◆ EXTRACTED RECORDS:
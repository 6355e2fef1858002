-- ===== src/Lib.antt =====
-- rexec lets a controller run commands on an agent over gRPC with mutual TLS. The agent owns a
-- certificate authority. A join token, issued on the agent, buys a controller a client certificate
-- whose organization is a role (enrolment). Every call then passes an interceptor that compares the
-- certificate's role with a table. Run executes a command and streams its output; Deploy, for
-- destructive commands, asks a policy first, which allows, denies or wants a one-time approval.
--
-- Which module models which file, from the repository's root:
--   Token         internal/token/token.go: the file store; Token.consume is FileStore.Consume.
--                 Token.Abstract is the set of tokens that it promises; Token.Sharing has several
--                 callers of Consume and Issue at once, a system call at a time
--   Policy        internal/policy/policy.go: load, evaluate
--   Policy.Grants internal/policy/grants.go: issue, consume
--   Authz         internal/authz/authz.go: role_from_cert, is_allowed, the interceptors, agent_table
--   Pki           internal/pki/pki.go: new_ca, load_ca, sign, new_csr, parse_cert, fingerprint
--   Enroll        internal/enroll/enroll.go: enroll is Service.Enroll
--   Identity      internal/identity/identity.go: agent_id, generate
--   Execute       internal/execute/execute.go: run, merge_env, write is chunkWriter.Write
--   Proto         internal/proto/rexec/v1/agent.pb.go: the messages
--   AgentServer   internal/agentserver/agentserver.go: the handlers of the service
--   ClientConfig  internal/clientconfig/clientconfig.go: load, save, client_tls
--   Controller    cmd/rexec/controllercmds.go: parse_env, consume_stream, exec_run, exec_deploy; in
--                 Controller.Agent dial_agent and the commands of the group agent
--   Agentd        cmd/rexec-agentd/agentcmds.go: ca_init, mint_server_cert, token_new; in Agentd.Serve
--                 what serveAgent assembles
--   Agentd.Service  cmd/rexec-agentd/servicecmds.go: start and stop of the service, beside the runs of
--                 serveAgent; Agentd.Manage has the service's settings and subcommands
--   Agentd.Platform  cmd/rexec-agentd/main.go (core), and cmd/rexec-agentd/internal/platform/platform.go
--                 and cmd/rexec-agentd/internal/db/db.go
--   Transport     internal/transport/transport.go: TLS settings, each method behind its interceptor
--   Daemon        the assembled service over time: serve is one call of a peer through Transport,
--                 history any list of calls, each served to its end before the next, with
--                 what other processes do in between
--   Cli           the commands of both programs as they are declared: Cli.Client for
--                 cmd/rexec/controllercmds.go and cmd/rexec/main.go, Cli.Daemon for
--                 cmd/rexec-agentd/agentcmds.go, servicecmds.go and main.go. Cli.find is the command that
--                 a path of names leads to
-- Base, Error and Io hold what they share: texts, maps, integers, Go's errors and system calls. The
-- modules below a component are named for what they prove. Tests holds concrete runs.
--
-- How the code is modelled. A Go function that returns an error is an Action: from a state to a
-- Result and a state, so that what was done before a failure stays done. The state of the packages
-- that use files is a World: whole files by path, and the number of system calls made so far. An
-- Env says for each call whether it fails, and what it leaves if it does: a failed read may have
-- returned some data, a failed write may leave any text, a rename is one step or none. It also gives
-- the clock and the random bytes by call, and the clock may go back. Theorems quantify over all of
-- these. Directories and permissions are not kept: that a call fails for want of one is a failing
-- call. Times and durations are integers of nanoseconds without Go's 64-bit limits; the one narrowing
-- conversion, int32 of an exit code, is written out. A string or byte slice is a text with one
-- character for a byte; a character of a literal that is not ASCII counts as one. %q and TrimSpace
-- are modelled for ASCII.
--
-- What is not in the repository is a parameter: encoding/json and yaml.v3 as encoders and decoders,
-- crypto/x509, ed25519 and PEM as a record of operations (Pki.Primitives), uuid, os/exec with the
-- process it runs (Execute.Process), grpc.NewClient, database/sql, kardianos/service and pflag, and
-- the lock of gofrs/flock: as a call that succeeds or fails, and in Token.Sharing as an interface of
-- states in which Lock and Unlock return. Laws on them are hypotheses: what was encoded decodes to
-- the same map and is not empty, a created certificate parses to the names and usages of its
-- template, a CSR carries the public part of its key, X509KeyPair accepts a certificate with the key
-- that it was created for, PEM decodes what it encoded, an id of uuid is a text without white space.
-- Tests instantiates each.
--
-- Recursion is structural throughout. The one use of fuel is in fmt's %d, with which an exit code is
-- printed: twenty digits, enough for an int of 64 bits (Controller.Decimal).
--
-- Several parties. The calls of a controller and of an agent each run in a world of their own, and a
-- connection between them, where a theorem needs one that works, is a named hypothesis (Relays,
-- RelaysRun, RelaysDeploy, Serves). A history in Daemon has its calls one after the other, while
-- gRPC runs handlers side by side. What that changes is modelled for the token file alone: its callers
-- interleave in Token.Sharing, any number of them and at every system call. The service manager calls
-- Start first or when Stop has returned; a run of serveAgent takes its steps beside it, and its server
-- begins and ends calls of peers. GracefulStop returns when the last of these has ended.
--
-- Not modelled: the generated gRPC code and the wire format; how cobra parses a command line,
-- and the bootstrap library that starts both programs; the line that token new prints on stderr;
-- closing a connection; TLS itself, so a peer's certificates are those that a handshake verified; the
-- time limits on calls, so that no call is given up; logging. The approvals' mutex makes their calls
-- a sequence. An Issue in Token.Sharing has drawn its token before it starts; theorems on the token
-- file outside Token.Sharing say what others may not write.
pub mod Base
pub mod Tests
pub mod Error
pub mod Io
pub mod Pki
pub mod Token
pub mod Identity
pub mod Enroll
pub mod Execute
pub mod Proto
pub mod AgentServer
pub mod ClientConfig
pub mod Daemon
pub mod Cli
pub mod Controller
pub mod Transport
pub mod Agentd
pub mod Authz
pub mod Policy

◆ AIM OF THE EXERCISE:
Wherever the string "named" appears in the listing above, show the whole line.

◆ PROBLEM SOLUTION:
-- modules below a component are named for what they prove. Tests holds concrete runs.
-- connection between them, where a theorem needs one that works, is a named hypothesis (Relays,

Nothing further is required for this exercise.